25 When Moses saw that the people were running wild (for Aaron had let them run wild, to the derision of their enemies), 26 then Moses stood in the gate of the camp, and said, ‘Who is on the Lord’s side? Come to me!’ And all the sons of Levi gathered around him. 27 He said to them, ‘Thus says the Lord, the God of Israel, “Put your sword on your side, each of you! Go back and forth from gate to gate throughout the camp, and each of you kill your brother, your friend, and your neighbor.” 28 The sons of Levi did as Moses commanded, and about three thousand of the people fell on that day. 29 Moses said, ‘Today you have ordained yourselves for the service of the Lord, each one at the cost of a son or a brother, and so have brought a blessing on yourselves this day.’ 30 On the next day Moses said to the people, ‘You have sinned a great sin. But now I will go up to the Lord; perhaps I can make atonement for your sin.’ 31 So Moses returned to the Lord and said, ‘Alas, this people has sinned a great sin; they have made for themselves gods of gold. 32 But now, if you will only forgive their sin—but if not, blot me out of the book that you have written.’ 33 But the Lord said to Moses, ‘Whoever has sinned against me I will blot out of my book. 34 But now go, lead the people to the place about which I have spoken to you; see, my angel shall go in front of you. Nevertheless, when the day comes for punishment, I will punish them for their sin.’ 35 Then the Lord sent a plague on the people, because they made the calf—the one that Aaron made.

Kinda messed up. 

First off, it is worth noting in previous verses God wanted to destroy the people but then Moses talks God into changing God's mind. And so in verse 14 God changes God's mind and does not consume the people. 

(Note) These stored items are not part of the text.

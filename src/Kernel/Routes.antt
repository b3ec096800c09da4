-- ===== src/Kernel/Routes.antt =====
-- `Path` (here `Route`), `decompose` and `from_paths` of crates/kernel/src/flow.rs: the routes of a hold.
pub mod Ways
pub mod Sums
pub mod Joined
pub mod Fuel
pub mod Round
use edet.Base.{
  ℕ, zero, suc, ◌+◌, ◌-◌, min, Bool, true, false, Option, none, some, List, [], ◌∷◌, ◌++◌, ◌&&◌,
  length, ltb, ◌==◌, if◌then◌else◌,
}
use edet.Map.{Map, insert, update, amount_at}
use edet.Map.Keys.{Ordered, nat_ordered, pair_ordered}
use edet.Kernel.Held.{Held}

pub record Route : Type 0 where
  pub source : ℕ
  pub arcs : List (ℕ × ℕ)
  pub value : ℕ

-- The four refusals of `decompose`.
pub data Refusal : Type 0 where
  stranded : ℕ → ℕ → ℕ → Refusal
  cycles : ℕ → ℕ → Refusal
  supply_unplaced : Refusal
  sourceless_flow : Refusal

pub data Result (A : Type 0) : Type 0 where
  ok : A → Result A
  err : Refusal → Result A

-- `iter().copied().collect()` into an ordered map: a later entry replaces an earlier one.
unfoldable pub collect : {K : Type 0} ⦃o : Ordered K⦄ → List (K × ℕ) → Map K ℕ → Map K ℕ
collect [] m = m
collect ((k, v) ∷ es) m = collect es (insert k v m)

-- `supply_left.iter().find(|(_, &v)| v > 0)`
unfoldable pub first_source : Map ℕ ℕ → Option (ℕ × ℕ)
first_source [] = none
first_source ((u, v) ∷ m) = if ltb 0 v then some (u, v) else first_source m

-- `edge_left.range((node, 0)..(node + 1, 0)).find(|(_, &w)| w > 0)`
unfoldable pub first_arc : ℕ → Map (ℕ × ℕ) ℕ → Option ((ℕ × ℕ) × ℕ)
first_arc node [] = none
first_arc node (((a, b), w) ∷ m) =
    if a == node && ltb 0 w then some ((a, b), w) else first_arc node m

unfoldable pub contains : ℕ → List ℕ → Bool
contains x [] = false
contains x (y ∷ ys) = if x == y then true else contains x ys

-- The inner loop of `decompose`: the walk from `node` to the debtor, with the arcs so far in
-- order and the least of the source's supply and theirs. The fuel counts the arcs to try.
unfoldable pub route :
    ℕ → Map (ℕ × ℕ) ℕ → ℕ → ℕ → ℕ → List (ℕ × ℕ) → ℕ → List ℕ → Result (List (ℕ × ℕ) × ℕ)
unfolding first_arc contains
route zero left debtor src node arcs value seen = err (cycles src node)
route (suc fuel) left debtor src node arcs value seen =
    let step : Result (List (ℕ × ℕ) × ℕ) = elim (first_arc node left) [
      | none ↦ err (stranded src node value)
      | some ((a, b), w) ↦
          let rest = route fuel left debtor src b (arcs ++ (a, b) ∷ []) (min value w) (b ∷ seen) in
          if contains b seen then err (cycles src b) else rest
    ] in
    if node == debtor then ok (arcs, value) else step

-- `for key in &arcs { *edge_left.get_mut(key) -= value }`
unfoldable pub take_arcs : List (ℕ × ℕ) → ℕ → Map (ℕ × ℕ) ℕ → Map (ℕ × ℕ) ℕ
take_arcs [] value left = left
take_arcs (key ∷ arcs) value left = take_arcs arcs value (update key (λ w. w - value) left)

unfoldable pub any_left : {K : Type 0} → Map K ℕ → Bool
any_left [] = false
any_left ((_, v) ∷ m) = if ltb 0 v then true else any_left m

-- The two checks after the loop.
unfoldable pub finish : Map (ℕ × ℕ) ℕ → Map ℕ ℕ → List Route → Result (List Route)
unfolding any_left
finish edge_left supply_left out =
    if any_left supply_left
    then err supply_unplaced
    else if any_left edge_left
    then err sourceless_flow
    else ok out

-- The outer loop: `budget` rounds at most, one route each.
unfoldable pub routes : ℕ → ℕ → ℕ → Map (ℕ × ℕ) ℕ → Map ℕ ℕ → List Route → Result (List Route)
unfolding first_source route take_arcs finish
routes zero bound debtor edge_left supply_left out = finish edge_left supply_left out
routes (suc budget) bound debtor edge_left supply_left out = elim (first_source supply_left) [
  | none ↦ finish edge_left supply_left out
  | some (src, v) ↦ elim (route bound edge_left debtor src src [] v (src ∷ [])) [
    | err e ↦ err e
    | ok (arcs, value) ↦
        routes budget bound debtor (take_arcs arcs value edge_left)
          (update src (λ s. s - value) supply_left)
          (out ++ record { source = src; arcs = arcs; value = value } ∷ [])
  ]
]

-- `decompose`. A walk enters a node once, so it takes no more arcs than the hold has.
unfoldable pub decompose : Held → ℕ → Result (List Route)
unfolding collect routes
decompose held debtor =
    routes (length held.edges + length held.supply + 1) (length held.edges + 2) debtor
      (collect held.edges []) (collect held.supply []) []

-- `*map.entry(key).or_insert(0) += value`
abbrev pub add_at : {K : Type 0} ⦃o : Ordered K⦄ → K → ℕ → Map K ℕ → Map K ℕ
add_at k value m = insert k (amount_at k m + value) m

unfoldable pub add_arcs : List (ℕ × ℕ) → ℕ → Map (ℕ × ℕ) ℕ → Map (ℕ × ℕ) ℕ
add_arcs [] value m = m
add_arcs (key ∷ arcs) value m = add_arcs arcs value (add_at key value m)

unfoldable pub sum_paths : List Route → Map (ℕ × ℕ) ℕ → Map ℕ ℕ → Held
unfolding add_arcs
sum_paths [] edges supply = record { edges = edges; supply = supply }
sum_paths (p ∷ ps) edges supply =
    sum_paths ps (if p.value == 0 then edges else add_arcs p.arcs p.value edges)
      (if p.value == 0 then supply else add_at p.source p.value supply)

-- `from_paths`
unfoldable pub from_paths : List Route → Held
unfolding sum_paths
from_paths ps = sum_paths ps [] []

But then you get Moses coming down the mountain and seeing all this "running wild" and gets those who are on "God's side" to kill those who are not on "God's side". Of course Moses commands all this under the declaration of "Thus says the Lord." Again, God just changed God's mind, God will not destroy the people. 

Could it be that this action, is the sin of Moses? Moses calls for a killing of people in order to purify the ranks and then tells the now 'pure' people, "Hey the sin we saw happen was rather big and we destroyed the people who were the problem. I will go up and talk with God to make an atonement and set all this right again. Just wait here." 

Moses goes up and says to God - please forgive us as we sat by and allowed this golden calf to be created. If you would not forgive us, then kill me as a way to appease your anger. 

God says - Moses, I will take care of those who sin against me in my own way (whatever it means to be blotted from the book), I will punish them through a plague. In case you forgot I said I did not want to destroy the people then you go down and kill all these people! What the heck are you doing?! This is not what I said and here you go putting my seal on your actions. I do not desire these people to die, but it seems you did.  


I know I am taking some artistic licence here, but I struggle with the idea that God says God will not destroy then Moses goes down and kills 3000 people in the name of God. Did Moses sin and kill a bunch of people in the name of God?